Voy a contar algo que ha pasado hace unos días. Explicaré dónde y qué. Hay un supermercado de Mercadona en una barriada de Málaga que se llama El Palo. Yo fui paleño durante ocho años. Y todavía conservo el ático en el que viví. Muchas veces iba a comprar a ese supermercado que se encuentra a pocos metros de mi vivienda. Y hoy en día, aunque ahora vivo en La Cala del Moral, acudo algunas veces a él por comodidad o por nostalgia.

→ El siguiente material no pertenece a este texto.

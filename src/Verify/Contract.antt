-- ===== src/Verify/Contract.antt =====
-- src/verification.go: `validateCompletionContract`, what is checked of a contract before it is
-- pinned.
pub mod Fits
use autonomy.Base.{
  ℕ, suc, ◌+◌, Bool, true, false, not, List, [], ◌∷◌, Option, none, some, if◌then◌else◌, Result, ok,
  err, ◌>>◌,
}
use autonomy.Text.{Str, str_eq, trim_space, is_blank}
use autonomy.Decision.{Criterion, CapabilityAction, Action, absent, nothing, calls}
use autonomy.Decision.Detail.{StepLabel, named, position}
use autonomy.Plan.Source.{InputSource, step, world, parse_input_source}
use autonomy.Plan.Capability.{Factory, declared_outputs_of, field_accepts}

pub data ContractError : Type 0 where
  unreadable_slot names_a_check : StepLabel → ContractError
  slot_declares_no_outputs slot_not_reported : StepLabel → Str → Str → ContractError

-- `criterionLabel`.
abbrev pub criterion_label : Criterion → ℕ → StepLabel
criterion_label c i = if is_blank c.name then position (i + 1) else named (trim_space c.name)

-- `Criterion.HasCheck`.
abbrev pub names_check : Criterion → Bool
names_check c = not (is_blank c.check.capability)

module _ {W : Type 0} (f : Option (Factory W)) where
  abbrev pub check_reported : StepLabel → Str → Str → Str → Result ContractError (Unit {0})
  check_reported label capability name key = elim (declared_outputs_of f capability) [
    | none ↦ err (slot_declares_no_outputs label name key)
    | some outputs ↦
        if field_accepts outputs key then ok tt else err (slot_not_reported label name key)
  ]

  -- `checkSlotAgainstPlan`: the first step of that name decides.
  unfoldable pub check_slot_against_plan :
      StepLabel → Str → Str → List Action → Result ContractError (Unit {0})
  check_slot_against_plan label name key [] = ok tt
  check_slot_against_plan label name key (absent ∷ actions) =
      check_slot_against_plan label name key actions
  check_slot_against_plan label name key (nothing _ ∷ actions) =
      check_slot_against_plan label name key actions
  check_slot_against_plan label name key (calls s ∷ actions) =
      let rest = check_slot_against_plan label name key actions in
      if not (str_eq (trim_space s.step_name) name)
      then rest
      else check_reported label s.name name key

  abbrev pub check_slot :
      StepLabel → List Action → Option InputSource → Result ContractError (Unit {0})
  check_slot label actions none = err (unreadable_slot label)
  check_slot label actions (some (step name key)) = check_slot_against_plan label name key actions
  check_slot label actions (some (world id field)) = ok tt

  -- One round of the loop. A criterion with no slot is passed over.
  unfoldable pub check_criterion : ℕ → List Action → Criterion → Result ContractError (Unit {0})
  check_criterion i actions c =
      if is_blank c.slot
      then ok tt
      else check_slot (criterion_label c i) actions (parse_input_source c.slot)
        >> (if names_check c then err (names_a_check (criterion_label c i)) else ok tt)

  unfoldable pub check_contract : ℕ → List Action → List Criterion → Result ContractError (Unit {0})
  check_contract i actions [] = ok tt
  check_contract i actions (c ∷ cs) =
      check_criterion i actions c >> check_contract (suc i) actions cs

  unfoldable pub validate_completion_contract :
      List Criterion → List Action → Result ContractError (Unit {0})
  validate_completion_contract contract actions = check_contract 0 actions contract
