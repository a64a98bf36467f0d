-- ===== src/Verify/History.antt =====
-- src/verification.go: `taskStepOutputs`, what a task's steps have produced. The rows are those of
-- the task's plans, in the order in which the store lists them, the plans that it cannot read left
-- out; an output is the object that its JSON denotes.
pub mod Latest
use autonomy.Base.{
  Bool, true, false, not, ◌&&◌, ◌||◌, List, [], ◌∷◌, ◌++◌, Option, none, some, if◌then◌else◌,
}
use autonomy.Text.{Str, codes, str_eq, trim_space, is_blank}
use autonomy.Dict.{Dict}
use autonomy.Plan.World.{ActionResult}

-- The columns of a row of execution_step that are read.
pub record StepRow : Type 0 where
  pub name : Str
  pub status : Str
  pub capability : Str
  pub output : Dict Str

abbrev pub ok_status : Str
ok_status = codes "ok"

abbrev pub row_record : StepRow → ActionResult
row_record r = record {
  capability = r.capability;
  step_name = trim_space r.name;
  input = [];
  output = r.output;
  error = none;
  expected_effect = [];
  evidence_refs = [];
}

-- `out[i] = record` where the name was seen, else `append`.
unfoldable pub put_record : ActionResult → List ActionResult → List ActionResult
put_record r [] = r ∷ []
put_record r (s ∷ out) = if str_eq s.step_name r.step_name then r ∷ out else s ∷ put_record r out

abbrev pub is_skipped : StepRow → Bool
is_skipped r = is_blank r.name || not (str_eq r.status ok_status)

unfoldable pub add_row : List ActionResult → StepRow → List ActionResult
add_row out r = if is_skipped r then out else put_record (row_record r) out

-- The loop over the steps of the plans.
unfoldable pub add_rows : List ActionResult → List StepRow → List ActionResult
add_rows out [] = out
add_rows out (r ∷ rs) = add_rows (add_row out r) rs

unfoldable pub task_step_outputs : List StepRow → List ActionResult
task_step_outputs rows = add_rows [] rows
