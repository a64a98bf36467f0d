-- ===== src/Verify/Tools.antt =====
-- src/verification.go: which system tool checks a kind of object.
pub mod Unique
use autonomy.Base.{
  ℕ, suc, Bool, true, false, not, List, [], ◌∷◌, Option, none, some, ◌==◌, if◌then◌else◌, is_nil,
}
use autonomy.Text.{Str, str_eq, canonical}
use autonomy.Plan.Capability.{
  Field, Capability, Factory, get, get_all, declared_outputs_of, field_accepts,
}

pub record VerificationReader : Type 0 where
  pub capability : Str
  pub input : Str

-- The loop of `outputKind`.
unfoldable pub kind_of_field : Str → List Field → Str
kind_of_field key [] = []
kind_of_field key (field ∷ fields) =
    if field_accepts (field ∷ []) key then canonical field.kind else kind_of_field key fields

-- The loop of `inputForKind`: `first` is the first field of the kind.
unfoldable pub input_from : Str → Str → Str → List Field → Str
input_from kind key first [] = first
input_from kind key first (field ∷ fields) =
    let rest = input_from kind key first fields in
    let rest_first = input_from kind key field.name fields in
    if not (str_eq (canonical field.kind) kind)
    then rest
    else if field_accepts (field ∷ []) key
    then field.name
    else if is_nil first
    then rest_first
    else rest

unfoldable pub input_for_kind : List Field → Str → Str → Str
input_for_kind inputs kind key = input_from (canonical kind) (canonical key) [] inputs

abbrev reader_with : Str → Str → Option VerificationReader
reader_with name input =
    if is_nil input then none else some (record { capability = name; input = input })

module _ {W : Type 0} where
  unfoldable pub output_kind : Option (Factory W) → Str → Str → Str
  output_kind f producer key = elim (declared_outputs_of f producer) [
    | none ↦ []
    | some outputs ↦ kind_of_field key outputs
  ]

  -- What one round of the loop of `toolForKind` makes of a capability: `none` is a `continue`.
  unfoldable pub reader_of : Str → Str → Capability W → Option VerificationReader
  reader_of kind key c = elim c.checks_kind [
    | none ↦ none
    | some checked ↦ if not (str_eq (canonical checked) kind) then none else elim c.declared [
      | none ↦ none
      | some signature ↦ reader_with c.name (input_for_kind signature.inputs kind key)
    ]
  ]

  -- The loop: the last that was found, and how many.
  unfoldable pub find_readers :
      Str
      → Str
      → Option VerificationReader
      → ℕ
      → List (Capability W)
      → Option VerificationReader × ℕ
  find_readers kind key found n [] = (found, n)
  find_readers kind key found n (c ∷ cs) = elim (reader_of kind key c) [
    | none ↦ find_readers kind key found n cs
    | some r ↦ find_readers kind key (some r) (suc n) cs
  ]

  unfoldable pub tool_for_kind : Option (Factory W) → Str → Str → Option VerificationReader
  tool_for_kind none kind key = none
  tool_for_kind (some f) kind key =
      let (found, n) = find_readers (canonical kind) key none 0 (get_all f) in
      if is_nil (canonical kind) then none else if n == 1 then found else none

  abbrev has_check : Option (Capability W) → Bool
  has_check none = false
  has_check (some c) = elim c.checks_kind [ none ↦ false | some _ ↦ true ]

  unfoldable pub is_verification_tool : Option (Factory W) → Str → Bool
  is_verification_tool none name = false
  is_verification_tool (some f) name = has_check (get (canonical name) f)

Pues bien, en estas navidades, me han enviado una noticia que me ha llamado la atención. Y que ha tenido lugar en ese Mercadona de El Palo. Una señora mayor (84 años contantes y sonantes) deposita su compra sobre la cinta y contempla cómo la cajera va pasando los diversos productos por el lector óptico. Cuando la cajera termina le dice el total (62 euros) que tiene que abonar y le pregunta si va a pagar con tarjeta. La respuesta de la anciana es afirmativa. Saca de su bolso una cartera, extrae la tarjeta bancaria y la introduce por la ranura del datáfono. Cuando marca el pin, comprueba que hay un error. Vuelve a introducir otro número y se repite el rechazo. La señora se pone muy nerviosa porque ve que la gente de la cola empieza a impacientarse.

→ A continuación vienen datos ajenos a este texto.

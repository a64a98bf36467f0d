-- ===== src/Verify/Judge.antt =====
-- src/verification.go: `verifyCriterion` and `verifyDone`. A verdict's reason, which is a sentence,
-- and the ids and times of its row are left out.
pub mod Sound
use autonomy.Base.{
  ℕ, Bool, true, false, not, ◌&&◌, ◌||◌, List, [], ◌∷◌, ◌++◌, Option, none, some, if◌then◌else◌,
  is_nil, Result, ok, err,
}
use autonomy.Text.{Str, codes, str_eq, trim_space, is_blank, canonical, join}
use autonomy.Dict.{Dict, lookup, keys}
use autonomy.Decision.{StepInput, bound_input, Criterion, CriterionExpect}
use autonomy.Decision.Detail.{StepLabel, named}
use autonomy.Plan.Source.{InputSource, step, world, state_field, kind_field, parse_input_source}
use autonomy.Plan.Capability.{Capability, Factory, declared_inputs_of}
use autonomy.Plan.World.{Asset, Assets, ActionResult, ResolveError}
use autonomy.Plan.Lineage.{LineageError, check_declared_input, check_signature, sorted_input_keys}
use autonomy.Plan.Resolve.{record_named, resolve_step_inputs}
use autonomy.Plan.Run.{Task, fill_task_id}
use autonomy.Verify.Tools.{VerificationReader, output_kind, tool_for_kind, is_verification_tool}

pub data Verdict : Type 0 where
  passes fails inconclusive : Verdict

pub record Verification : Type 0 where
  pub criterion : Str
  pub requirement : Str
  pub slot : Str
  pub reference : Str
  pub method : Str
  pub observed : Str
  pub result : Verdict

-- `CriterionExpect.Judges`.
unfoldable pub judges : CriterionExpect → Bool
judges e = e.exists || not (is_blank e.field) || not (is_blank e.equals)

pub record VerificationAsk : Type 0 where
  pub capability : Str
  pub method : Str
  pub inputs : Dict StepInput

pub data AskError : Type 0 where
  untyped_evidence no_tool not_a_tool not_in_runtime : AskError
  undeclared : LineageError → AskError
  unresolved : Str → ResolveError → AskError
  reader_failed : Str → AskError

abbrev pub no_method : Str
no_method = codes "-"

abbrev pub world_method : Str
world_method = codes "world_model"

abbrev pub exists_key : Str
exists_key = codes "exists"

-- What `worldFact` answers: an error, no asset, or the field's value.
pub data WorldFact : Type 0 where
  unreadable absent : WorldFact
  holds : Str → WorldFact

abbrev field_of : Asset → Str → WorldFact
field_of asset field =
    if str_eq field state_field
    then holds asset.state
    else if str_eq field kind_field
    then holds asset.kind
    else unreadable

unfoldable pub world_fact : Assets → List Str → Str → WorldFact
world_fact none id field = unreadable
world_fact (some assets) id field = elim (lookup (join b'.' id) assets) [
  | none ↦ absent
  | some asset ↦ field_of asset field
]

-- A key of an answer: "" where it is missing.
abbrev pub answer_at : Str → Dict Str → Str
answer_at key answer = elim (lookup key answer) [ none ↦ [] | some v ↦ v ]

-- The verification that a criterion starts with.
abbrev pub unjudged : Criterion → Verification
unjudged c = record {
  criterion = c.name;
  requirement = c.requirement;
  slot = trim_space c.slot;
  reference = [];
  method = no_method;
  observed = [];
  result = inconclusive;
}

abbrev pub with_verdict : Verification → Verdict → Str → Str → Verification
with_verdict v result observed method = record v {
  result = result;
  observed = observed;
  method = method;
}

-- `authorityFor`.
unfoldable pub authority_for :
    {W : Type 0}
    → Option (Factory W)
    → Criterion
    → ActionResult
    → Str
    → Result AskError VerificationAsk
authority_for f criterion producer key =
    let kind = output_kind f producer.capability key in
    if is_nil kind then err untyped_evidence else elim (tool_for_kind f kind key) [
      | none ↦ err no_tool
      | some reader ↦ ok (record {
        capability = reader.capability;
        method = codes "kind:" ++ kind;
        inputs = (reader.input, bound_input criterion.slot) ∷ [];
      })
    ]

-- `same_fold` is strings.EqualFold, and `caps` are the capabilities of the runtime by name.
module _ {W : Type 0} (same_fold : Str → Str → Bool) (assets_of : W → Assets)
    (f : Option (Factory W)) (caps : Dict (Capability W)) (task : Task) where
  unfoldable pub matches : Str → Str → Bool
  matches observed expected = same_fold (trim_space observed) (trim_space expected)

  -- `verifyWorldCriterion`, after the field was compared.
  unfoldable pub judge_world : Verification → Str → CriterionExpect → WorldFact → Verification
  judge_world v field expect unreadable = with_verdict v inconclusive [] world_method
  judge_world v field expect absent = with_verdict v fails [] world_method
  judge_world v field expect (holds value) =
      let observed = field ++ codes "=" ++ value in
      if expect.exists || matches value expect.equals
      then with_verdict v passes observed world_method
      else with_verdict v fails observed world_method

  unfoldable pub verify_world_criterion :
      Verification → List Str → Str → CriterionExpect → W → Verification
  verify_world_criterion v id field expect w =
      if not (is_nil expect.field) && not (matches expect.field field)
      then with_verdict v inconclusive [] no_method
      else judge_world v field expect (world_fact (assets_of w) id field)

  -- The checks of the inputs in `askAuthority`.
  unfoldable pub check_keys : Str → List Str → Result LineageError (Unit {0})
  check_keys name [] = ok tt
  check_keys name (key ∷ ks) =
      elim (check_declared_input (named (name ++ codes " check")) name key
        (declared_inputs_of f name)) [ err e ↦ err e | ok _ ↦ check_keys name ks ]

  abbrev pub read_answer : Dict Str × Option Str × W → Result AskError (Dict Str) × W
  read_answer (answer, none, w) = (ok answer, w)
  read_answer (answer, some message, w) = (err (reader_failed message), w)

  unfoldable pub ask_reader :
      Str → Capability W → Dict StepInput → List ActionResult → W → Result AskError (Dict Str) × W
  ask_reader name reader inputs prior w = elim (check_keys name (sorted_input_keys inputs)) [
    | err e ↦ (err (undeclared e), w)
    | ok _ ↦
        elim (check_signature f (named (name ++ codes " check")) name (keys inputs)
          (declared_inputs_of f name)) [
            | err e ↦ (err (undeclared e), w)
            | ok _ ↦ elim (resolve_step_inputs (assets_of w) prior inputs) [
              | err (key, e) ↦ (err (unresolved key e), w)
              | ok values ↦ read_answer (reader.run (fill_task_id assets_of f name task values) w)
            ]
          ]
  ]

  unfoldable pub ask_authority :
      VerificationAsk → List ActionResult → W → Result AskError (Dict Str) × W
  ask_authority ask prior w =
      let name = canonical ask.capability in
      if not (is_verification_tool f name) then (err not_a_tool, w) else elim (lookup name caps) [
        | none ↦ (err not_in_runtime, w)
        | some reader ↦ ask_reader name reader ask.inputs prior w
      ]

  -- What `verifyStepCriterion` makes of the source's answer.
  unfoldable pub judge_existence : Verification → Str → Str → Dict Str → Verification
  judge_existence v reference method answer = elim (lookup exists_key answer) [
    | none ↦ with_verdict v passes reference method
    | some exists ↦
        if matches exists (codes "true")
        then with_verdict v passes exists method
        else with_verdict v fails exists method
  ]

  unfoldable pub judge_field : Verification → Str → Str → CriterionExpect → Dict Str → Verification
  judge_field v reference method expect answer =
      let observed = trim_space (answer_at expect.field answer) in
      if is_nil observed
      then with_verdict v inconclusive reference method
      else if matches observed expect.equals
      then with_verdict v passes observed method
      else with_verdict v fails observed method

  abbrev pub judge_answer :
      Verification → Str → Str → CriterionExpect → Result AskError (Dict Str) × W → Verification × W
  judge_answer v reference method expect (err e, w) =
      (with_verdict v inconclusive reference method, w)
  judge_answer v reference method expect (ok answer, w) = (
    if expect.exists
        then judge_existence v reference method answer
        else judge_field v reference method expect answer,
    w,
  )

  unfoldable pub verify_reference :
      Verification → Criterion → ActionResult → Str → Str → List ActionResult → W → Verification × W
  verify_reference v criterion producer key reference prior w =
      if not criterion.expect.exists && is_nil criterion.expect.field
      then (with_verdict v inconclusive reference no_method, w)
      else elim (authority_for f criterion producer key) [
        | err e ↦ (with_verdict v inconclusive reference no_method, w)
        | ok ask ↦ judge_answer v reference ask.method criterion.expect (ask_authority ask prior w)
      ]

  unfoldable pub verify_step_criterion :
      Verification → Str → Str → Criterion → List ActionResult → W → Verification × W
  verify_step_criterion v name key criterion prior w = elim (record_named name prior) [
    | none ↦ (with_verdict v inconclusive [] no_method, w)
    | some producer ↦
        let reference = trim_space (answer_at key producer.output) in
        if is_nil reference
        then (with_verdict v inconclusive [] no_method, w)
        else verify_reference (record v { reference = reference }) criterion producer key reference
            prior w
  ]

  unfoldable pub verify_source :
      Criterion → Option InputSource → List ActionResult → W → Verification × W
  verify_source c none prior w = (unjudged c, w)
  verify_source c (some (world id field)) prior w =
      (verify_world_criterion (unjudged c) id field c.expect w, w)
  verify_source c (some (step name key)) prior w =
      verify_step_criterion (unjudged c) name key c prior w

  unfoldable pub verify_criterion : Criterion → List ActionResult → W → Verification × W
  verify_criterion c prior w =
      if not (judges c.expect) || is_blank c.slot
      then (unjudged c, w)
      else verify_source c (parse_input_source c.slot) prior w

  -- The loop of `verifyDone`: the verdicts, in the order of the criteria.
  unfoldable pub verify_all : List Criterion → List ActionResult → W → List Verification × W
  verify_all [] prior w = ([], w)
  verify_all (c ∷ cs) prior w =
      let (v, w') = verify_criterion c prior w in
      let (vs, w'') = verify_all cs prior w' in (v ∷ vs, w'')

  abbrev pub passed : Verification → Bool
  passed v = elim v.result [ passes ↦ true | fails ↦ false | inconclusive ↦ false ]

  abbrev pub all_passed : List Verification → Bool
  all_passed [] = true
  all_passed (v ∷ vs) = passed v && all_passed vs

  -- `verifyDone` over the pinned contract and what the task's steps produced: whether the done
  -- holds up, with the verdicts.
  unfoldable pub verify_done : List Criterion → List ActionResult → W → Bool × List Verification × W
  verify_done [] prior w = (false, [], w)
  verify_done (c ∷ cs) prior w =
      let (vs, w') = verify_all (c ∷ cs) prior w in (all_passed vs, vs, w')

Llama por teléfono a su hijo con el fin de que la ayude a recordar el pin de su tarjeta. Pero el hijo no responde a la llamada porque, como se ha sabido después, se encuentra visitando a su hermana, ingresada en un Hospital y, en ese momento, está hablando con los médicos. La señora, desbordada por la situación, se echa a llorar desconsoladamente.

Encuentra en su bolso 15 euros y cuando le va a decir a la cajera que deje solo productos que puede pagar con el dinero que lleva, esta le dice para su sorpresa:

Señora, puede llevárselo todo. Ha pagado su cuenta ese joven con jersey marrón que está atravesando la puerta de salida.
Lo que más me ha llamado la atención de esta historia es que el joven se fuese sin decirle a la señora que él se había hecho cargo de su cuenta. Lo cual significa que no se trata de un préstamo sino de una donación, ya que no espera recuperar ese dinero. Pero, sobre todo, su retirada silenciosa muestra claramente que no pretendía conseguir el reconocimiento de la desconsolada compradora. Esa persona hizo buenas las palabras de Séneca: “La mayor recompensa de una buena acción es haberla hecho”.

La noticia ha tenido más relevancia porque la señora ha resultado ser la madre del conocido chef Chicho Marín, que busca al joven benefactor con un tuit que se ha hecho viral. Dice así: “Almas buenas. Gracias a la persona que hoy, con tanta generosidad, le ha pagado la compra a mi madre al ver que no se acordaba del pin. Si lees esto me gustaría poder pagártelo. Gracias de corazón. Ha llorado mucho por su impotencia ante la falta de memoria”. Que yo sepa, el generoso y anónimo donante no se ha presentado, sea por no conocer el reclamo del hijo, sea porque desea mantener el anonimato. En una llamada al supermercado acabo de comprobar que no se ha sabido nada más del joven donante.

Creo que hechos de este tipo, deberían ocupar obligatoriamente la cabecera de los periódicos, de los telediarios y de los informativos de la radio. ¿Por qué suelen ser noticia los escándalos financieros, los robos de bancos, los timos más diversos en los que el interés de algunos conlleva el daño de los demás…?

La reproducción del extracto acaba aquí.